• _Problem_: Would you return the lines between the one holding "fd a (record" and the one holding "here_of [] = h", inclusive, and only those, exactly as they stand in the listing below?
##### Dataset excerpts
-- ===== src/Reactor/Loop/Tracks.antt =====
-- Callbacks of EpollReactor leave the stub of the command pipe in place, and lose no stop.
use vpn_service_android.Common.{
  ℕ, ◌≡◌, ◌∙◌, ap, List, [], ◌∷◌, ◌++◌, Option, none, some, Bool, true, false, ◌==◌, if◌then◌else◌,
  All, arith, inl, inr, ◌⊎◌,
}
use vpn_service_android.Reactor.{
  Listener, command, client, Stub, Kind, readable, writable, exception, check, Callback, Reactor,
}
use vpn_service_android.Reactor.Table.{find}
use vpn_service_android.Reactor.Calls.{Call, calls, call}
use vpn_service_android.Reactor.Calls.Kept.{call-Keeps, is_live}
use vpn_service_android.Reactor.Calls.Invariant.{IsReactor}
use vpn_service_android.Reactor.Calls.Spared.{asks_stop, Spares, call-IsSpared}
use vpn_service_android.Reactor.Loop.Kept.{other-Keeps}
use vpn_service_android.Reactor.Loop.{
  read_command, own_event, answer, invoke, call_listener, call_stub, touched, call_if,
}

abbrev pub listener_of : Option Stub → Option Listener
listener_of none = none
listener_of (some s) = s.listener

-- The loop has been told to end, or is to be told by the command pipe.
abbrev pub Stops : Reactor → Type 0
Stops r = (r.working ≡ false) ⊎ (asks_stop r.pipe ≡ true)

-- The stub at `a` is that of the command pipe `fd`.
pub record IsCommand (fd a : ℕ) (r : Reactor) : Type 0 where
  pub valid : IsReactor r
  pub place : find fd r.table ≡ some a
  pub listens : listener_of (r.heap a) ≡ some command

-- It stays so, and a stop is not lost.
pub record Tracks (fd a : ℕ) (r q : Reactor) : Type 0 where
  pub here : IsCommand fd a q
  pub stops : Stops r → Stops q
  pub off : r.working ≡ false → q.working ≡ false

pub refl-Tracks : (fd a : ℕ) (r : Reactor) → IsCommand fd a r → Tracks fd a r r
refl-Tracks fd a r h = record { here = h; stops = λ s. s; off = λ s. s }

pub trans-Tracks :
    (fd a : ℕ) (r q p : Reactor) → Tracks fd a r q → Tracks fd a q p → Tracks fd a r p
trans-Tracks fd a r q p f g = record {
  here = g.here;
  stops = λ h. g.stops (f.stops h);
  off = λ h. g.off (f.off h);
}

keeps_stop :
    (r q : Reactor)
    → q.working ≡ r.working
    → (asks_stop r.pipe ≡ true → asks_stop q.pipe ≡ true)
    → Stops r
    → Stops q
keeps_stop r q w p (inl e) = inl (w ∙ e)
keeps_stop r q w p (inr e) = inr (p e)

call-Tracks :
    (fd a : ℕ) (c : Call) (r : Reactor)
    → IsCommand fd a r
    → Spares fd c
    → Tracks fd a r (call c r).1
call-Tracks fd a c r h n =
    let kept = call-Keeps c r h.valid in
    let spared = call-IsSpared fd a c r h.valid h.place n in
    record {
      here = record {
        valid = kept.valid;
        place = spared.place;
        listens = ap listener_of spared.stub ∙ h.listens;
      };
      stops = keeps_stop r (call c r).1 spared.working spared.pipe;
      off = λ e. spared.working ∙ e;
    }

calls-Tracks :
    (fd a : ℕ) (cs : List Call) (r : Reactor)
    → IsCommand fd a r
    → All (Spares fd) cs
    → Tracks fd a r (calls cs r).1
unfolding calls
calls-Tracks fd a [] r h n = refl-Tracks fd a r h
calls-Tracks fd a (c ∷ cs) r h n =
    let one = call-Tracks fd a c r h n.0 in
    trans-Tracks fd a r (call c r).1 (calls cs (call c r).1).1 one
      (calls-Tracks fd a cs (call c r).1 one.here n.1)

pub other-IsCommand :
    (fd a : ℕ) (r : Reactor) (w : Bool) (pipe : List ℕ) (log : List Callback)
    → IsCommand fd a r
    → IsCommand fd a (record r { working = w; pipe = pipe; log = log })
other-IsCommand fd a r w pipe log h = record {
  valid = (other-Keeps r w pipe log h.valid).valid;
  place = h.place;
  listens = h.listens;
}

-- Reading the pipe ends the loop when a stop waits.
read_command_off :
    (xs : List ℕ) (r : Reactor) → asks_stop xs ≡ true → (read_command xs r).working ≡ false
unfolding read_command
read_command_off [] r h = absurd cc
read_command_off (c ∷ rest) r h = ground arith

read_command_stays :
    (xs : List ℕ) (r : Reactor) → r.working ≡ false → (read_command xs r).working ≡ false
unfolding read_command
read_command_stays [] r h = h
read_command_stays (c ∷ rest) r h = ground arith

read_command_ended : (r : Reactor) → Stops r → (read_command r.pipe r).working ≡ false
read_command_ended r (inl e) = read_command_stays r.pipe r e
read_command_ended r (inr e) = read_command_off r.pipe r e

read_command-Tracks :
    (fd a : ℕ) (r : Reactor) → IsCommand fd a r → Tracks fd a r (read_command r.pipe r)
unfolding read_command
read_command-Tracks fd a r h = record {
  here = here_of r.pipe;
  stops = λ s. inl (read_command_ended r s);
  off = read_command_stays r.pipe r;
}
  where
    here_of : (xs : List ℕ) → IsCommand fd a (read_command xs r)
    here_of [] = h
    here_of (c ∷ rest) = other-IsCommand fd a r (if c == 1 then false else r.working) rest r.log h

module _ (handlers : List Callback → List Call) (fd a : ℕ)
    (spares : (log : List Callback) → All (Spares fd) (handlers log)) where
  answer-Tracks :
      (k : Kind) (l : Listener) (r : Reactor)
      → IsCommand fd a r
      → Tracks fd a r (answer handlers k l r)
  unfolding answer own_event
  answer-Tracks readable command r h = read_command-Tracks fd a r h
  answer-Tracks writable command r h = refl-Tracks fd a r h
  answer-Tracks exception command r h = refl-Tracks fd a r h
  answer-Tracks check command r h = refl-Tracks fd a r h
  answer-Tracks k (client n) r h = calls-Tracks fd a (handlers r.log) r h (spares r.log)

  logged : Kind → Listener → ℕ → ℕ → Reactor → Reactor
  logged k l d tag r = record r {
    log = r.log ++ record { kind = k; fd = d; to = l; tag = tag } ∷ [];
  }

  invoke-Tracks :
      (k : Kind) (l : Listener) (d tag : ℕ) (r : Reactor)
      → IsCommand fd a r
      → Tracks fd a r (invoke handlers k l d tag r)
  unfolding invoke logged
  invoke-Tracks k l d tag r h =
      let q = logged k l d tag r in
      let here = other-IsCommand fd a r r.working r.pipe q.log h in
      let after = answer-Tracks k l q here in
      record { here = after.here; stops = λ s. after.stops s; off = λ e. after.off e }

  call_listener-Tracks :
      (l : Option Listener) (s : Stub) (k : Kind) (r : Reactor)
      → IsCommand fd a r
      → Tracks fd a r (call_listener handlers l s k r)
  unfolding call_listener
  call_listener-Tracks none s k r h = refl-Tracks fd a r h
  call_listener-Tracks (some l) s k r h = invoke-Tracks k l s.fd s.tag r h

  by_stub-Tracks :
      (o : Option Stub) (k : Kind) (r : Reactor)
      → IsCommand fd a r
      → is_live o ≡ true
      → Tracks fd a r (call_stub handlers o k r) × Tracks fd a r (touched handlers o r)
  unfolding call_stub touched
  by_stub-Tracks none k r h n = absurd cc
  by_stub-Tracks (some s) k r h n = (call_listener-Tracks s.listener s k r h, refl-Tracks fd a r h)

  pub call_if-Tracks :
      (b : Bool) (k : Kind) (c : ℕ) (r : Reactor)
      → IsCommand fd a r
      → is_live (r.heap c) ≡ true
      → Tracks fd a r (call_if handlers b k c r)
  unfolding call_if
  call_if-Tracks true k c r h n = (by_stub-Tracks (r.heap c) k r h n).0
  call_if-Tracks false k c r h n = (by_stub-Tracks (r.heap c) k r h n).1

  -- The command pipe is readable and a stop waits.
  pub call_if_off :
      (r : Reactor)
      → IsCommand fd a r
      → Stops r
      → (call_if handlers true readable a r).working ≡ false
  unfolding call_if call_stub call_listener invoke answer own_event logged
  call_if_off r h s = by_stub (r.heap a) h.listens
    where
      by_listener :
          (t : Stub) (l : Option Listener)
          → l ≡ some command
          → (call_listener handlers l t readable r).working ≡ false
      by_listener t none e = absurd cc
      by_listener t (some (client n)) e = absurd cc
      by_listener t (some command) e = read_command_ended (logged readable command t.fd t.tag r) s

      by_stub :
          (o : Option Stub)
          → listener_of o ≡ some command
          → (call_stub handlers o readable r).working ≡ false
      by_stub none e = absurd cc
      by_stub (some t) e = by_listener t t.listener e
##########
• _Final answer_:
    → IsCommand fd a (record r { working = w; pipe = pipe; log = log })
other-IsCommand fd a r w pipe log h = record {
  valid = (other-Keeps r w pipe log h.valid).valid;
  place = h.place;
  listens = h.listens;
}

-- Reading the pipe ends the loop when a stop waits.
read_command_off :
    (xs : List ℕ) (r : Reactor) → asks_stop xs ≡ true → (read_command xs r).working ≡ false
unfolding read_command
read_command_off [] r h = absurd cc
read_command_off (c ∷ rest) r h = ground arith

read_command_stays :
    (xs : List ℕ) (r : Reactor) → r.working ≡ false → (read_command xs r).working ≡ false
unfolding read_command
read_command_stays [] r h = h
read_command_stays (c ∷ rest) r h = ground arith

read_command_ended : (r : Reactor) → Stops r → (read_command r.pipe r).working ≡ false
read_command_ended r (inl e) = read_command_stays r.pipe r e
read_command_ended r (inr e) = read_command_off r.pipe r e

read_command-Tracks :
    (fd a : ℕ) (r : Reactor) → IsCommand fd a r → Tracks fd a r (read_command r.pipe r)
unfolding read_command
read_command-Tracks fd a r h = record {
  here = here_of r.pipe;
  stops = λ s. inl (read_command_ended r s);
  off = read_command_stays r.pipe r;
}
  where
    here_of : (xs : List ℕ) → IsCommand fd a (read_command xs r)
    here_of [] = h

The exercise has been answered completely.